Last Modified 2009-10-05 10:22:07
No More Panic would like to thank Meg for contributing this page. Meg is a RGN (Registered General Nurse)

When you first present at your doctors with acute anxiety and panic your doctor may recommend you take some medication to help you through this difficult time.

Information
For an comprehensive A-Z list of medications click here

Medications are not the only way to aid recover so your talk with your GP should be a discussion about what may work best for you rather than just a prescription being issued. (Please do see our page on getting help and read the NICE guidelines provided)

Please also take a look at the Benzodiazepines (tranquillisers) page as well for further information.

Below there is more information about each type of medication and links for further information.

It is your choice whether to take medication to help you through your current issues. The 'gold standard' recommended in the NICE guidelines for anxiety is CBT therapy. This can be combined with or without medication.

It is possible to recover without using medication at all.

The medications may significantly ease symptoms and give you a well needed break from feeling so terrible each day but they will not cure you of all your problems or symptoms. Using medication can prove to you that the symptoms you are experiencing are indeed anxiety and not some other dreaded lurgy as many of these symptoms will lessen or disappear whilst you are on the medication.

If you go on medication but do nothing else constructive to help yourself, you may find the initial symptoms reoccurring once you stop the medication. If your issues are caused by something that may improve naturally over time like a bereavement then medication may be all you need to see you through a particularly difficult patch but medications are not a permanent solution to an established emotional problem.

Take all medicine as prescribed - taking any regular medicine erratically will impair its effectiveness and increase the side effect risk.

Never stop any regular medication abruptly - all 3 of these types of medications need weaning off gently.

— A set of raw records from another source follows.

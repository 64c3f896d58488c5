-- ===== src/Examples/Fixtures.antt =====
-- A world in which every port is configured and answers, and operations of one service.
use ani_inference_service.Failure.{reservation_not_found}
use ani_inference_service.Operation.{OperationKind, OperationPhase, OperationStep}
use ani_inference_service.Runner.State.{
  Reservation, RuntimeObservation, OperationContext, Publication, Item,
}
use ani_inference_service.Prelude.{pos, none, true, err, [], false, ok}
use ani_inference_service.Gpu.{deployment}
use ani_inference_service.Resources.{Spec}
use ani_inference_service.Runner.World.{World}

abbrev no_resources : Spec
no_resources = record { requests = []; limits = []; gpu = none }

abbrev pub reservation : Reservation
reservation = record {
  tenant_id = "tenant";
  service_id = "service";
  operation_id = "operation";
  generation = "1";
  reservation_id = "reservation";
  lease_token = "";
  fence_operation_id = "";
  requested_resources = no_resources;
  demand = record { resources = no_resources; units = 1 };
  state = "pending";
  last_error_code = "";
}

abbrev pub publication : Publication
publication = record {
  tenant_id = "tenant";
  service_id = "service";
  operation_id = "operation";
  generation = 1;
  lease_token = "";
  fence_operation_id = "";
  url = "";
  state = "unknown";
}

-- An operation of a kind in a phase at a step.
abbrev pub operation : OperationKind → OperationPhase → OperationStep → OperationContext
operation kind phase step = record {
  tenant_id = "tenant";
  service_id = "service";
  id = "operation";
  kind = kind;
  actor = "alice";
  request_id = "request";
  lease_token = "";
  phase = phase;
  step = step;
  attempt = 0;
  target_generation = 1;
  reservation = reservation;
  previous_reservation = reservation;
  publication = publication;
  gpu_request = none;
  gpu_snapshot = none;
  managed = false;
  managed_gpu = false;
  managed_gpu_create_operation_id = "";
  managed_gpu_release_pods = [];
  managed_gpu_release_sealed_at = "";
  replicas = pos 1;
  worker_replicas = pos 0;
  runtime_mode = deployment;
}

abbrev observed : RuntimeObservation
observed = record {
  ready = true;
  model_ready = true;
  model_ready_known = true;
  absent = true;
  reason = "";
  release_pods = [];
}

-- Every port is there and succeeds; the current operation is `op`.
abbrev pub calm : OperationContext → World
calm op = record {
  has_store = true;
  has_admission = true;
  has_model = true;
  has_gpu = true;
  has_quota = true;
  has_publication = true;
  has_runtime = true;
  has_managed_gpu_release = true;
  has_audit = true;
  store_is_atomic = false;
  store_keeps_models = true;
  store_keeps_gpu_snapshots = true;
  store_keeps_release_pods = true;
  publication_resolves_endpoints = false;
  retry_after = 0;
  current_operation = λ h i. ok op;
  acknowledge = λ h c. ok tt;
  load_release_pods = λ h o. ok [];
  ensure_model = λ h o. ok (record { ready = true; known = true; reason = "" });
  resolve_gpu = λ h o. ok none;
  quota_get = λ h t r. err reservation_not_found;
  quota_reserve = λ h r. ok r;
  confirm_withdrawn = λ h p. ok true;
  confirm_published = λ h p. ok true;
  endpoint = λ h p. ok "http://gateway";
  observe_runtime = λ h o. ok observed;
  observe_absence = λ h o. ok observed;
  now = λ h. "2026-01-01T00:00:00Z";
  event_uuid = λ id p s a. id;
}

-- The work item of the operation's service.
abbrev pub item : Item
item = record {
  tenant_id = "tenant";
  service_id = "service";
  generation = 1;
  dirty_version = 1;
  lease_token = "lease";
}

If you cannot 'get on' with a particular medication do not despair - each type has several brands and another may suit you better. It is definitely not 'one drug fits all patients' - go back to your doctor and discuss alternative options.

Benzodiazepines

Benzodiazepines are often used for short-term relief of severe, disabling anxiety, panic or insomnia. They are superb used in the short term to help with an acute crisis. Medium or Long-term use can be problematic due to the development of tolerance and dependency.

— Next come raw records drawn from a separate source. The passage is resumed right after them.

-- ===== src/Gpu/Release.antt =====
-- `ValidateReleaseProofInput` (internal/biz/gpu/release.go). Which of several blank fields an error
-- names depends on the order of a Go map; here a blank field is one error. Parsing times is a
-- parameter.
use ani_inference_service.Prelude.{
  ◌>>◌, false, [], All-zip, ◌||◌, Result, ◌&&◌, List, guard-eq-ok, String, All, >>=-eq-ok, ◌↔◌, ◌∷◌,
  str_eq, is_blank, ◌≡◌, not, guard, ok, All-map, Bool, true, refl, ||-eq-false,
}
use ani_inference_service.Runner.State.{PodRef}

pub record ReleaseProofInput : Type 0 where
  pub tenant_id : String
  pub resource_id : String
  pub create_operation_id : String
  pub delete_operation_id : String
  pub sealed_at : String
  pub pods : List PodRef

pub data ReleaseError : Type 0 where
  field_required pod_field_required sealed_at_invalid marshal_failed : ReleaseError
  duplicate_pod : String → ReleaseError

abbrev pub is_filled_pod : PodRef → Bool
is_filled_pod p =
    not (is_blank p.cluster_id)
    && not (is_blank p.namespace)
    && not (is_blank p.name)
    && not (is_blank p.uid)
    && not (is_blank p.container_name)

abbrev pub is_filled_input : ReleaseProofInput → Bool
is_filled_input i =
    not (is_blank i.tenant_id)
    && not (is_blank i.resource_id)
    && not (is_blank i.create_operation_id)
    && not (is_blank i.delete_operation_id)
    && not (is_blank i.sealed_at)

-- The map of the UIDs seen.
abbrev pub is_seen : String → List String → Bool
is_seen uid [] = false
is_seen uid (u ∷ us) = str_eq uid u || is_seen uid us

unfoldable pub check_pods : List String → List PodRef → Result ReleaseError Unit
check_pods seen [] = ok tt
check_pods seen (p ∷ ps) = do
  guard (is_filled_pod p) pod_field_required
  guard (not (is_seen p.uid seen)) (duplicate_pod p.uid)
  check_pods (p.uid ∷ seen) ps

unfoldable pub validate_release_proof_input :
    (String → Bool) → ReleaseProofInput → Result ReleaseError Unit
unfolding check_pods
validate_release_proof_input is_rfc3339 i = do
  guard (is_filled_input i) field_required
  guard (is_rfc3339 i.sealed_at) sealed_at_invalid
  check_pods [] i.pods

-- No two Pods share a UID.
abbrev pub Distinct : List PodRef → Type 0
Distinct [] = Unit
Distinct (p ∷ ps) = All (λ q. str_eq q.uid p.uid ≡ false) ps × Distinct ps

-- Every Pod is complete, and its UID is new.
abbrev Accepted : List String → List PodRef → Type 0
Accepted seen ps =
    All (λ p. (is_filled_pod p ≡ true) × (is_seen p.uid seen ≡ false)) ps × Distinct ps

check_pods-Accepted :
    (seen : List String) (ps : List PodRef) → check_pods seen ps ≡ ok tt → Accepted seen ps
unfolding check_pods
check_pods-Accepted seen [] e = (tt, tt)
check_pods-Accepted seen (p ∷ ps) e =
    let (u₁, a, e₁) = >>=-eq-ok _ (guard (is_filled_pod p) _) e in
    let (u₂, b, e₂) = >>=-eq-ok _ (guard (not (is_seen p.uid seen)) _) e₁ in
    let (rest, distinct) = check_pods-Accepted (p.uid ∷ seen) ps e₂ in
    let new = not_seen (is_seen p.uid seen) (guard-eq-ok (not (is_seen p.uid seen)) _ b) in
    (
      (
        (guard-eq-ok (is_filled_pod p) _ a, new),
        All-map ps (λ q h. (h.0, (||-eq-false (str_eq q.uid p.uid) _ h.1).1)) rest,
      ),
      (
        All-map ps (λ q h. (||-eq-false (str_eq q.uid p.uid) (is_seen q.uid seen) h.1).0) rest,
        distinct,
      ),
    )
  where
    not_seen : (b : Bool) → not b ≡ true → b ≡ false
    not_seen true h = cc
    not_seen false h = refl

Accepted-check_pods :
    (seen : List String) (ps : List PodRef) → Accepted seen ps → check_pods seen ps ≡ ok tt
unfolding check_pods
Accepted-check_pods seen [] h = refl
Accepted-check_pods seen (p ∷ ps) (((filled, new), rest), (others, distinct)) =
    rw (filled, new)
      (Accepted-check_pods (p.uid ∷ seen) ps
        (All-map ps (λ q h. (h.0.0, rw (h.1, h.0.1) refl)) (All-zip _ _ ps rest others), distinct))

pub validate_release_proof_input_iff :
    (is_rfc3339 : String → Bool) (i : ReleaseProofInput)
    → (validate_release_proof_input is_rfc3339 i ≡ ok tt) ↔ (
        (is_filled_input i ≡ true)
        × (is_rfc3339 i.sealed_at ≡ true)
        × All (λ p. is_filled_pod p ≡ true) i.pods
        × Distinct i.pods)
unfolding validate_release_proof_input
validate_release_proof_input_iff is_rfc3339 i = (
  λ e.
      let (u₁, a, e₁) = >>=-eq-ok _ (guard (is_filled_input i) _) e in
      let (u₂, b, e₂) = >>=-eq-ok _ (guard (is_rfc3339 i.sealed_at) _) e₁ in
      let (rest, distinct) = check_pods-Accepted [] i.pods e₂ in
      (
        guard-eq-ok (is_filled_input i) _ a,
        guard-eq-ok (is_rfc3339 i.sealed_at) _ b,
        All-map i.pods (λ p h. h.0) rest,
        distinct,
      ),
  λ h.
      let (a, b, filled, distinct) = h in
      rw (a, b)
        (Accepted-check_pods [] i.pods (All-map i.pods (λ p f. (f, refl)) filled, distinct)),
)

They are believed to act on the GABA receptor GABAA, the activation of which causes a sedative/calming effect.

These medications began to be widely prescribed for stress-related ailments in the 1960s and 1970s and it was only in the 80's and subsequently that there was an outcry about the potential addiction problem and now they are monitored very carefully and usually only prescribed in small amounts at a time.

Some of them act for less than six hours and have few effects left the next day if taken before bedtime, but rebound insomnia may occur and they might cause wake-time anxiety. Intermediate-acting compounds have an effect for 6-10 hours, may have mild residual effects but rebound insomnia is not common. Long-acting compounds have strong sedative effects that persist. Accumulation and addition may occur.

These are the most common ones that you may be prescribed

  • chlordiazepoxide (Librium®)
  • alprazolam (Xanax®) A popular choice in the USA and the Holy Grail for almost instant relief - not used much in the UK due to a high addiction risk
  • temazepam (Restoril®) mainly for insomnia
  • lorazepam (Ativan®)
  • clonazepam (Klonopin®, Rivotril®) mainly for insomnia
  • diazepam (Valium®)

Side effects include drowsiness, being wobbly when walking, confusion, dizziness, impaired judgement, and a number of other effects are common.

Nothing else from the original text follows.